[Data records]
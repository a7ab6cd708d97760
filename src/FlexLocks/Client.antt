-- ===== src/FlexLocks/Client.antt =====
-- Calls by any threads, one after the other, against the same calls on a map.
use splaylist.Base.{ℕ, ◌<◌, ◌≡◌, ◌∙◌, refl, ap, Option, none, List, [], ◌∷◌}
use splaylist.Base.Run.{Run, done, ◌>>=◌, Ensures, ensures, Ensures-bind}
use splaylist.FlexSeq.State.{upd}
use splaylist.FlexSeq.Client.{Reply, value_reply, bool_reply, value_or, is_there}
use splaylist.FlexLocks.Shared.{LockList}
use splaylist.FlexLocks.Ops.{contains, qfind, insert_if_absent, erase}
use splaylist.FlexLocks.Serves.{Serves}
use splaylist.FlexLocks.Calls.{first_of, qfind-Gives, contains-Gives}
use splaylist.FlexLocks.Changes.{erase-Gives, insert_if_absent-Gives}

-- A call, with the thread that makes it.
pub data Call : Type 0 where
  insert_call : ℕ → ℕ → ℕ → Call
  erase_call : ℕ → ℕ → Call
  find_call : ℕ → ℕ → Call
  contains_call : ℕ → ℕ → Call

abbrev pub key_of : Call → ℕ
key_of (insert_call tid k x) = k
key_of (erase_call tid k) = k
key_of (find_call tid k) = k
key_of (contains_call tid k) = k

abbrev pub call : Call → LockList → Run (Reply ℕ × LockList)
call (insert_call tid k x) s = do (y, s') ← insert_if_absent tid k x s; done (value_reply y, s')
call (erase_call tid k) s = do (y, s') ← erase tid k s; done (value_reply y, s')
call (find_call tid k) s = do (y, s') ← qfind tid k s; done (value_reply y, s')
call (contains_call tid k) s = do (b, s') ← contains tid k s; done (bool_reply b, s')

-- The same call on a map, where `d` stands for no value.
abbrev pub reply : ℕ → Call → (ℕ → Option ℕ) → Reply ℕ
reply d (insert_call tid k x) m = value_reply (value_or d (m k))
reply d (erase_call tid k) m = value_reply (value_or d (m k))
reply d (find_call tid k) m = value_reply (value_or d (m k))
reply d (contains_call tid k) m = bool_reply (is_there (m k))

abbrev pub store_after : ℕ → Call → (ℕ → Option ℕ) → ℕ → Option ℕ
store_after d (insert_call tid k x) m = upd m k (first_of d (m k) x)
store_after d (erase_call tid k) m = upd m k none
store_after d (find_call tid k) m = m
store_after d (contains_call tid k) m = m

-- The reply of the map, and a list that serves as the map does afterwards.
abbrev pub Replied : ℕ → ℕ → ℕ → Call → (ℕ → Option ℕ) → Reply ℕ × LockList → Type 0
Replied low high d c m (r, s) = (r ≡ reply d c m) × Serves low high d (store_after d c m) s

call-Replied :
    (low high d : ℕ) (m : ℕ → Option ℕ) (c : Call) (s : LockList)
    → Serves low high d m s
    → low < key_of c
    → key_of c < high
    → Ensures (Replied low high d c m) (call c s)
call-Replied low high d m (insert_call tid k x) s v above below =
    Ensures-bind (insert_if_absent-Gives low high d m s v tid k above below x)
      λ (y, s') (e, w). ensures (ap value_reply e, w)
call-Replied low high d m (erase_call tid k) s v above below =
    Ensures-bind (erase-Gives low high d m s v tid k above below)
      λ (y, s') (e, w). ensures (ap value_reply e, w)
call-Replied low high d m (find_call tid k) s v above below =
    Ensures-bind (qfind-Gives low high d m s v tid k above below)
      λ (y, s') (e, w). ensures (ap value_reply e, w)
call-Replied low high d m (contains_call tid k) s v above below =
    Ensures-bind (contains-Gives low high d m s v tid k above below)
      λ (b, s') (e, w). ensures (ap bool_reply e, w)

-- The replies to the calls in a row, from the list and from the map.
abbrev pub run_calls : List Call → LockList → Run (List (Reply ℕ))
run_calls [] s = done []
run_calls (c ∷ cs) s = do (r, s') ← call c s; rs ← run_calls cs s'; done (r ∷ rs)

abbrev pub replies : ℕ → List Call → (ℕ → Option ℕ) → List (Reply ℕ)
replies d [] m = []
replies d (c ∷ cs) m = reply d c m ∷ replies d cs (store_after d c m)

-- Every call has a key between `low` and `high`.
abbrev pub AreWithin : ℕ → ℕ → List Call → Type 0
AreWithin low high [] = Unit
AreWithin low high (c ∷ cs) = (low < key_of c) × (key_of c < high) × AreWithin low high cs

pub run_calls-Serves :
    (low high d : ℕ) (cs : List Call) (m : ℕ → Option ℕ) (s : LockList)
    → Serves low high d m s
    → AreWithin low high cs
    → Ensures (λ rs. rs ≡ replies d cs m) (run_calls cs s)
run_calls-Serves low high d [] m s v w = ensures refl
run_calls-Serves low high d (c ∷ cs) m s v (a, b, w) =
    Ensures-bind (call-Replied low high d m c s v a b) λ (r, s') (e, v').
      Ensures-bind (run_calls-Serves low high d cs (store_after d c m) s' v' w)
        λ rs es. ensures (ap (λ x. x ∷ rs) e ∙ ap (λ x. reply d c m ∷ x) es)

WHAT TO WORK ON: From the entries above, say how many lines contain "qfind". Only the number is wanted.

ANSWER BELOW: 4